We note three major concerns. First, we are concerned about the need for a more comprehensive and deeper appraisal of the literature prior to making inferences about the quality and validity of measures and whether they are recommended for use. In our opinion, the authors failed to accomplish this goal.
Validation and direct comparisons with existing metrics are critically important for the development of a new measure. Several investigators published subsequent articles to their index papers to demonstrate generalizability and validity. Many studies were added to an appendix but incompletely incorporated into the manuscript results and recommendations. Further, many articles were omitted or inadequately summarized. Thus, conclusions in sections such as “Usage, performance, and validation” and “Recommendations for index selection” are based on incomplete or incorrect data.

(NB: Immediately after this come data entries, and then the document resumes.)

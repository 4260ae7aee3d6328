-- ===== src/Direct/Admission.antt =====
-- internal/direct/admission.go, with internal/profile/selection.go and internal/gateway/defaults.go:
-- a client's request, checked, completed from the deployment's defaults, and admitted.
-- The store is the one of internal/postgres. What other clients commit between the service's reads
-- and its transaction is an argument, and so is what the AI connections answer.
pub mod Bounds
pub mod Replay
use dorf.Base.{
  ℕ, Bool, true, false, not, ◌&&◌, ◌||◌, Option, none, some, [], ◌∷◌, Text, txt, ◌==◌, length, ltb,
  is_some, if◌then◌else◌,
}
use dorf.Base.Results.{
  Result, ok, err, Error, not_found, message, joined, invalid_admission, direct_admission_conflict,
  Done,
}
use dorf.Std.Strings.{trim_space}
use dorf.Core.Domain.{Session, session_id}
use dorf.Core.Profiles.{SandboxProfile, is_base_verified}
use dorf.Core.Admission.{SessionAdmission, has_zero, is_valid_client_reference}
use dorf.Store.Table.{Table, get}
use dorf.Store.Profiles.{find_active, find_candidate}
use dorf.Store.Sandboxes.{find_session}
use dorf.Store.Admission.{is_effort, admit_direct}
use dorf.Store.Db.{ProfileRow, Db, Absurd}

pub record AdmissionRequest : Type 0 where
  pub keep_running : Bool
  pub created_by_client_id : Text
  pub client_reference : Text
  pub admission_key : Text
  pub agents_md : Text
  pub sandbox_profile : Text
  pub provider_connection : Text
  pub model : Text
  pub reasoning_effort : Text

-- `AdmissionProvider`: the configured AI connections.
pub record AdmissionProvider : Type 0 where
  pub default_connection : Result Text
  pub default_model : Text → Result Text
  pub check : Text → Result Done

unfoldable pub invalid_admission_text : Text → ℕ → Bool → Bool
invalid_admission_text t limit required =
    ltb limit (length t) || (has_zero t || required && trim_space t == [])

abbrev pub is_bad_key : Text → Bool
is_bad_key key =
    trim_space key == []
    || (not (key == trim_space key)
        || (ltb 255 (length (trim_space key)) || has_zero (trim_space key)))

unfoldable pub check_admission_key : Text → Result Text
check_admission_key key = elim (is_bad_key key) [
  | true ↦ err invalid_admission
  | false ↦ ok (trim_space key)
]

abbrev pub effort_or_high : Text → Text
effort_or_high t = if t == [] then txt "high" else t

abbrev pub normalized : AdmissionRequest → SessionAdmission
normalized r = record {
  keep_running = r.keep_running;
  created_by_client_id = r.created_by_client_id;
  client_reference = r.client_reference;
  admission_key = r.admission_key;
  agents_md = r.agents_md;
  sandbox_profile = trim_space r.sandbox_profile;
  provider_connection = trim_space r.provider_connection;
  model = trim_space r.model;
  reasoning_effort = effort_or_high (trim_space r.reasoning_effort);
}

abbrev pub has_invalid_text : SessionAdmission → Bool
has_invalid_text a =
    invalid_admission_text a.agents_md 0x100000 false
    || (invalid_admission_text a.model 1024 false
        || (invalid_admission_text a.sandbox_profile 255 false
            || invalid_admission_text a.provider_connection 255 false))

unfoldable pub normalize_admission_request : AdmissionRequest → Result SessionAdmission
normalize_admission_request r =
    elim (has_invalid_text (normalized r) || not (is_effort (normalized r).reasoning_effort)) [
      | true ↦ err invalid_admission
      | false ↦ ok (normalized r)
    ]

-- `ActiveSandboxProfile`.
unfoldable pub active_sandbox_profile : Db → Text → Result SandboxProfile
active_sandbox_profile db name = elim (find_active db (trim_space name)) [
  | some p ↦ ok p
  | none ↦ elim (find_candidate db (trim_space name)) [
    | none ↦ err not_found
    | some _ ↦ err (message "Sandbox profile has no active verified revision")
  ]
]

-- `GetDefaultSandboxProfile`: at most one name is the default.
unfoldable pub default_name : Table ProfileRow → Option Text
default_name [] = none
default_name ((name, p) ∷ t) = let rest = default_name t in if p.is_default then some name else rest

unfoldable pub default_sandbox_profile : Db → Result SandboxProfile
default_sandbox_profile db = elim (default_name db.profiles) [
  | none ↦ err (message "no default Sandbox profile is configured")
  | some name ↦ active_sandbox_profile db name
]

abbrev pub verified_only : SandboxProfile → Result SandboxProfile
verified_only p = elim (is_base_verified p) [
  | true ↦ ok p
  | false ↦ err (message "Sandbox profile has not completed verification and cleanup")
]

unfoldable pub select_verified : Db → Text → Result SandboxProfile
select_verified db name = elim (name == []) [
  | true ↦ elim (default_sandbox_profile db) [ ok p ↦ verified_only p | err e ↦ err e ]
  | false ↦ elim (active_sandbox_profile db name) [ ok p ↦ verified_only p | err e ↦ err e ]
]

-- An omitted choice is filled from the connection's defaults.
abbrev pub or_default : Text → Result Text → Result Text
or_default t d = elim (t == []) [ true ↦ d | false ↦ ok t ]

unfoldable pub resolve_model : AdmissionProvider → Text → Text → Result (Text × Text)
resolve_model provider connection model = elim (or_default connection provider.default_connection) [
  | err e ↦ err e
  | ok c ↦ elim (or_default model (provider.default_model c)) [ err e ↦ err e | ok m ↦ ok (c, m) ]
]

-- `errors.Is(err, ErrAdmissionConflict)`.
abbrev pub is_conflict : Error → Bool
is_conflict direct_admission_conflict = true
is_conflict (joined a b) = is_conflict a || is_conflict b
is_conflict _ = false

-- What `admitNew` admits: everything chosen, and the connection ready.
unfoldable pub complete : AdmissionProvider → Db → AdmissionRequest → Result SessionAdmission
complete provider db r = elim (normalize_admission_request r) [
  | err e ↦ err e
  | ok a ↦ elim (select_verified db a.sandbox_profile) [
    | err e ↦ elim (a.sandbox_profile == []) [
      | true ↦ err e
      | false ↦ err (joined invalid_admission e)
    ]
    | ok p ↦ elim (p.definition.harness == txt "codex") [
      | false ↦ err invalid_admission
      | true ↦ elim (resolve_model provider a.provider_connection a.model) [
        | err e ↦ err e
        | ok (c, m) ↦ elim (invalid_admission_text (trim_space m) 1024 true) [
          | true ↦ err invalid_admission
          | false ↦ elim (provider.check c) [
            | err e ↦ err e
            | ok _ ↦ ok (record a {
              sandbox_profile = p.name;
              provider_connection = c;
              model = trim_space m;
            })
          ]
        ]
      ]
    ]
  ]
]

abbrev pub or_stored : Text → Text → Text
or_stored t stored = if t == [] then stored else t

abbrev pub contradicts : Text → Text → Bool
contradicts t stored = not (t == []) && not (t == stored)

-- What `replay` asks for: an omitted choice is the stored Session's.
unfoldable pub complete_replay : Db → AdmissionRequest → Result SessionAdmission
complete_replay db r = elim (find_session db (session_id r.admission_key)) [
  | none ↦ err not_found
  | some s ↦ elim (normalize_admission_request r) [
    | err e ↦ err direct_admission_conflict
    | ok a ↦
        elim (contradicts a.sandbox_profile s.sandbox_profile
          || contradicts a.provider_connection s.provider_connection) [
            | true ↦ err direct_admission_conflict
            | false ↦ ok (record a {
              sandbox_profile = s.sandbox_profile;
              provider_connection = s.provider_connection;
              model = or_stored a.model s.model;
            })
          ]
  ]
]

abbrev pub Admitted : Type 0
Admitted = Result ((Session × Bool) × Db)

module _ (service : Absurd) (provider : AdmissionProvider) (nonce : Result Text) where
  unfoldable pub replay : AdmissionRequest → Db → Admitted
  replay r db = elim (complete_replay db r) [
    | err e ↦ err e
    | ok a ↦ admit_direct service a nonce db
  ]

  -- `admitNew`: it reads the profile in one state, and admits in a later one.
  unfoldable pub admit_new : AdmissionRequest → Db → Db → Admitted
  admit_new r seen db = elim (complete provider seen r) [
    | err e ↦ err e
    | ok a ↦ admit_direct service a nonce db
  ]

  -- A lost race is met by a replay, which says whether the winner asked for the same.
  unfoldable pub admit_or_replay : AdmissionRequest → Db → Db → Db → Admitted
  admit_or_replay r seen db later = elim (admit_new r seen db) [
    | ok a ↦ ok a
    | err e ↦ elim (is_conflict e) [
      | false ↦ err e
      | true ↦ elim (replay r later) [ err e ↦ err e | ok ((s, _), db') ↦ ok ((s, false), db') ]
    ]
  ]

  -- `Admit`: `seen`, `db` and `later` are the states at its look-up, its transaction and its replay.
  unfoldable pub admit : AdmissionRequest → Db → Db → Db → Admitted
  admit r seen db later = elim (is_valid_client_reference r.client_reference) [
    | false ↦ err invalid_admission
    | true ↦ elim (check_admission_key r.admission_key) [
      | err e ↦ err e
      | ok key ↦ elim (is_some (find_session seen (session_id key))) [
        | true ↦ replay (record r { admission_key = key }) db
        | false ↦ admit_or_replay (record r { admission_key = key }) seen db later
      ]
    ]
  ]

Second, additional criteria should be factored in “Recommendations for index selection” such as:
• Participant characteristics - age (all vs. older adults), sex (to include sex-specific conditions), sample size (for robust estimates of less prevalent and underreported conditions), nationally-representative sample for generalizability.
• Number and type of conditions assessed - most measures include prevalent conditions while a few encompass a large inventory including less common but highly impactful conditions.
• Time period conditions assessed – to account for secular trends, therapeutic and diagnostic advances spanning 50 years for measures included in this review (1968-2017).
• Measurement of outcomes assessed – validity, specific measure (e.g., health-related quality of life (HRQOL) and physical functioning also have numerous measures whose strengths and limitations can be debated).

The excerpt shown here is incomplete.